* Source information:
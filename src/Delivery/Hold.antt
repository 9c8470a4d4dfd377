-- ===== src/Delivery/Hold.antt =====
-- backend/app/services/token_delivery.py: the tokens that wait in memory to be collected. Times are
-- seconds.
use text.Mathlib.Text.{◌==◌ as str_eq}
use proof_ops.Common.{
  ℕ, zero, suc, ◌+◌, ◌-◌, String, Bool, Option, none, some, List, [], ◌∷◌, length, leb, ltb,
  is_some, if◌then◌else◌,
}
use proof_ops.Queue.Entry.{find, put}

-- A value of `_PENDING`.
pub record Held : Type 0 where
  pub token : String
  pub minted_at : ℕ

abbrev pub Pending : Type 0
Pending = List (String × Held)

-- _SCOPED_VIEW_READ_TTL_SECONDS and _MAX_PENDING
abbrev pub read_ttl : ℕ
read_ttl = 120

abbrev pub max_pending : ℕ
max_pending = 64

-- `_PENDING.pop(key, None)`
unfoldable pub pop : String → Pending → Pending
pop k [] = []
pop k ((j, v) ∷ rest) = let others = pop k rest in if str_eq j k then others else (j, v) ∷ others

-- `sorted(..., key=lambda kv: kv[1]["minted_at"])`, which is stable.
abbrev pub insert_by_age : (String × Held) → Pending → Pending
insert_by_age e [] = e ∷ []
insert_by_age e (f ∷ rest) =
    let others = insert_by_age e rest in
    if leb e.1.minted_at f.1.minted_at then e ∷ f ∷ rest else f ∷ others

unfoldable pub oldest_first : Pending → Pending
oldest_first [] = []
oldest_first (e ∷ rest) = insert_by_age e (oldest_first rest)

-- `for key, _ in oldest[:n]: _PENDING.pop(key, None)`
unfoldable pub pop_first : ℕ → Pending → Pending → Pending
unfolding pop
pop_first zero oldest s = s
pop_first (suc n) [] s = s
pop_first (suc n) (e ∷ oldest) s = pop_first n oldest (pop e.0 s)

-- `hold_for_scoped_view`
unfoldable pub hold_for_scoped_view : ℕ → String → String → Pending → Pending
unfolding pop_first oldest_first
hold_for_scoped_view now id token s =
    let s' = put id (record { token = token; minted_at = now }) s in
    if ltb max_pending (length s')
    then pop_first (length s' - max_pending) (oldest_first s') s'
    else s'

-- `v["minted_at"] < time.time() - ttl`
abbrev pub is_past : ℕ → Held → Bool
is_past now v = ltb (v.minted_at + read_ttl) now

-- `_expire`
unfoldable pub expire_held : ℕ → Pending → Pending
expire_held now [] = []
expire_held now ((k, v) ∷ rest) =
    let others = expire_held now rest in if is_past now v then others else (k, v) ∷ others

-- `peek_scoped_view`
unfoldable pub peek_scoped_view : ℕ → String → Pending → Bool × Pending
unfolding expire_held
peek_scoped_view now id s = let s' = expire_held now s in (is_some (find id s'), s')

abbrev pub token_in : Option Held → Option String
token_in none = none
token_in (some v) = some v.token

-- `claim_scoped_view`
unfoldable pub claim_scoped_view : ℕ → String → Pending → Option String × Pending
unfolding expire_held pop
claim_scoped_view now id s = let s' = expire_held now s in (token_in (find id s'), pop id s')

-- `pending_count`
unfoldable pub pending_count : ℕ → Pending → ℕ × Pending
unfolding expire_held
pending_count now s = let s' = expire_held now s in (length s', s')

* Work request: Write out, unaltered, the lines from the opening of the listing through the line that includes "Pending = List (String × Held)".

* Output:
filename src/Delivery/Hold.antt
repository 9c8470a4d4dfd377
-- ===== src/Delivery/Hold.antt =====
-- backend/app/services/token_delivery.py: the tokens that wait in memory to be collected. Times are
-- seconds.
use text.Mathlib.Text.{◌==◌ as str_eq}
use proof_ops.Common.{
  ℕ, zero, suc, ◌+◌, ◌-◌, String, Bool, Option, none, some, List, [], ◌∷◌, length, leb, ltb,
  is_some, if◌then◌else◌,
}
use proof_ops.Queue.Entry.{find, put}

-- A value of `_PENDING`.
pub record Held : Type 0 where
  pub token : String
  pub minted_at : ℕ

abbrev pub Pending : Type 0
Pending = List (String × Held)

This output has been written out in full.